### AVAILABLE DATA
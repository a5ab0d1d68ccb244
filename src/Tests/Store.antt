-- ===== src/Tests/Store.antt =====
-- Runs of the store of state data and artifacts.
use ota_pulse.Prelude.{
  ℕ, zero, suc, ◌≡◌, refl, String, true, false, Option, some, List, [], ◌∷◌, arith, keep, contains,
  lookup, insert,
}
use ota_pulse.Datastore.StateName.{MenderState}
use ota_pulse.Datastore.Db.{
  StateData, Db, no_faults, state_entry, text_entry, provides_entry, state_data_key,
  artifact_name_key, artifact_type_info_provides_key,
}
use ota_pulse.Datastore.StateData.{store_state_data, load_state_data, loaded, with_count}
use ota_pulse.Datastore.StateData.Laws.{
  as_stored, store_all, AllCommitted, store_all_maximum, store-keeps_old_schema,
  load-store_state_data,
}
use ota_pulse.Datastore.Artifact.{Provides, insert_all, delete_all, commit_artifact_data}
use ota_pulse.Datastore.Artifact.Laws.{or_else, surviving, commit_artifact_data-provides}
use ota_pulse.Tests.Setup.{release, data_in}

unfoldable repeat : ℕ → StateData → List StateData
repeat zero sd = []
repeat (suc n) sd = sd ∷ repeat n sd

repeat-AllCommitted :
    (n : ℕ) (sd : StateData)
    → sd.update_info.has_db_schema_update ≡ false
    → AllCommitted (repeat n sd)
unfolding repeat
repeat-AllCommitted zero sd e = tt
repeat-AllCommitted (suc n) sd e = (e, repeat-AllCommitted n sd e)

store_all_maximum_example : store_all [] (repeat 31 (data_in MenderState.reboot)) ≡ true
unfolding repeat
store_all_maximum_example =
    store_all_maximum [] (repeat 31 (data_in MenderState.reboot))
      (repeat-AllCommitted 31 (data_in MenderState.reboot) refl) (omega arith)

load-store_state_data_example :
    (load_state_data no_faults
      (store_state_data no_faults [] (data_in MenderState.reboot) true).0).1
    ≡ loaded (with_count (as_stored (data_in MenderState.reboot)) 2)
unfolding lookup
load-store_state_data_example =
    load-store_state_data [] (data_in MenderState.reboot) true refl refl (omega arith)

abbrev old_data : StateData
old_data = record { version = 1; name = MenderState.reboot; update_info = release }

abbrev migrating : StateData
migrating = record {
  version = 2;
  name = MenderState.reboot;
  update_info = record release { has_db_schema_update = true };
}

abbrev old_db : Db
old_db = (state_data_key, state_entry old_data) ∷ []

store-keeps_old_schema_example :
    lookup state_data_key (store_state_data no_faults old_db migrating true).0
    ≡ lookup state_data_key old_db
store-keeps_old_schema_example = store-keeps_old_schema no_faults old_db migrating true refl

abbrev exactly : List String → List String → Option (List String)
exactly names patterns = some (keep (contains patterns) names)

abbrev provided_db : Db
provided_db = (artifact_type_info_provides_key, provides_entry (("kernel", "4") ∷ [])) ∷ []

abbrev committed_db : Db
committed_db =
    (artifact_type_info_provides_key, provides_entry (("kernel", "4") ∷ ("rootfs", "2") ∷ []))
    ∷ (artifact_name_key, text_entry "release-2")
    ∷ []

commit_artifact_data-provides_example :
    (lookup artifact_name_key committed_db ≡ some (text_entry "release-2"))
    × ((p : Provides) × (lookup artifact_type_info_provides_key committed_db
          ≡ some (provides_entry p))
        × ((k : String)
            → lookup k p
              ≡ or_else
                  (lookup k (("rootfs", "2") ∷ []))
                  (surviving exactly (("kernel", "4") ∷ []) (some []) k)))
unfolding commit_artifact_data lookup insert keep contains insert_all delete_all
commit_artifact_data-provides_example =
    commit_artifact_data-provides exactly "release-2" "" (("rootfs", "2") ∷ [])
      (("kernel", "4") ∷ []) (some []) provided_db refl refl
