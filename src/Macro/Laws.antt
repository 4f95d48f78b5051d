-- ===== src/Macro/Laws.antt =====
-- scripts/kconfig/preprocess.c: following a computation whose first step is known to be done, and
-- what holds of the result if there is one.
use kdevops.Prelude.{◌≡◌, ap}
use kdevops.Macro.{MacroState, MacroError, done, failed, fault, starved, P, ◌>>=◌}

pub bind-done :
    {A B : Type 0} (m : P A) (f : A → P B) (st : MacroState) {st' : MacroState} {a : A}
    → m st ≡ done a st'
    → (m >>= f) st ≡ f a st'
bind-done m f st h =
    ap
      (λ o. elim o [
        | done a st' ↦ f a st'
        | failed e ↦ failed e
        | fault ↦ fault
        | starved ↦ starved
      ])
      h

pub bind-fault :
    {A B : Type 0} (m : P A) (f : A → P B) (st : MacroState) → m st ≡ fault → (m >>= f) st ≡ fault
bind-fault m f st h =
    ap
      (λ o. elim o [
        | done a st' ↦ f a st'
        | failed e ↦ failed e
        | fault ↦ fault
        | starved ↦ starved
      ])
      h

pub bind-failed :
    {A B : Type 0} (m : P A) (f : A → P B) (st : MacroState) {e : MacroError}
    → m st ≡ failed e
    → (m >>= f) st ≡ failed e
bind-failed m f st h =
    ap
      (λ o. elim o [
        | done a st' ↦ f a st'
        | failed e ↦ failed e
        | fault ↦ fault
        | starved ↦ starved
      ])
      h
######
• ASSIGNMENT
For the lines above, output exactly those from the line containing "store_all_maximum_example : store_all" through the line containing "(repeat-AllCommitted 31 (data_in", and skip the others.

• RESULT FOR THIS TASK
store_all_maximum_example : store_all [] (repeat 31 (data_in MenderState.reboot)) ≡ true
unfolding repeat
store_all_maximum_example =
    store_all_maximum [] (repeat 31 (data_in MenderState.reboot))
      (repeat-AllCommitted 31 (data_in MenderState.reboot) refl) (omega arith)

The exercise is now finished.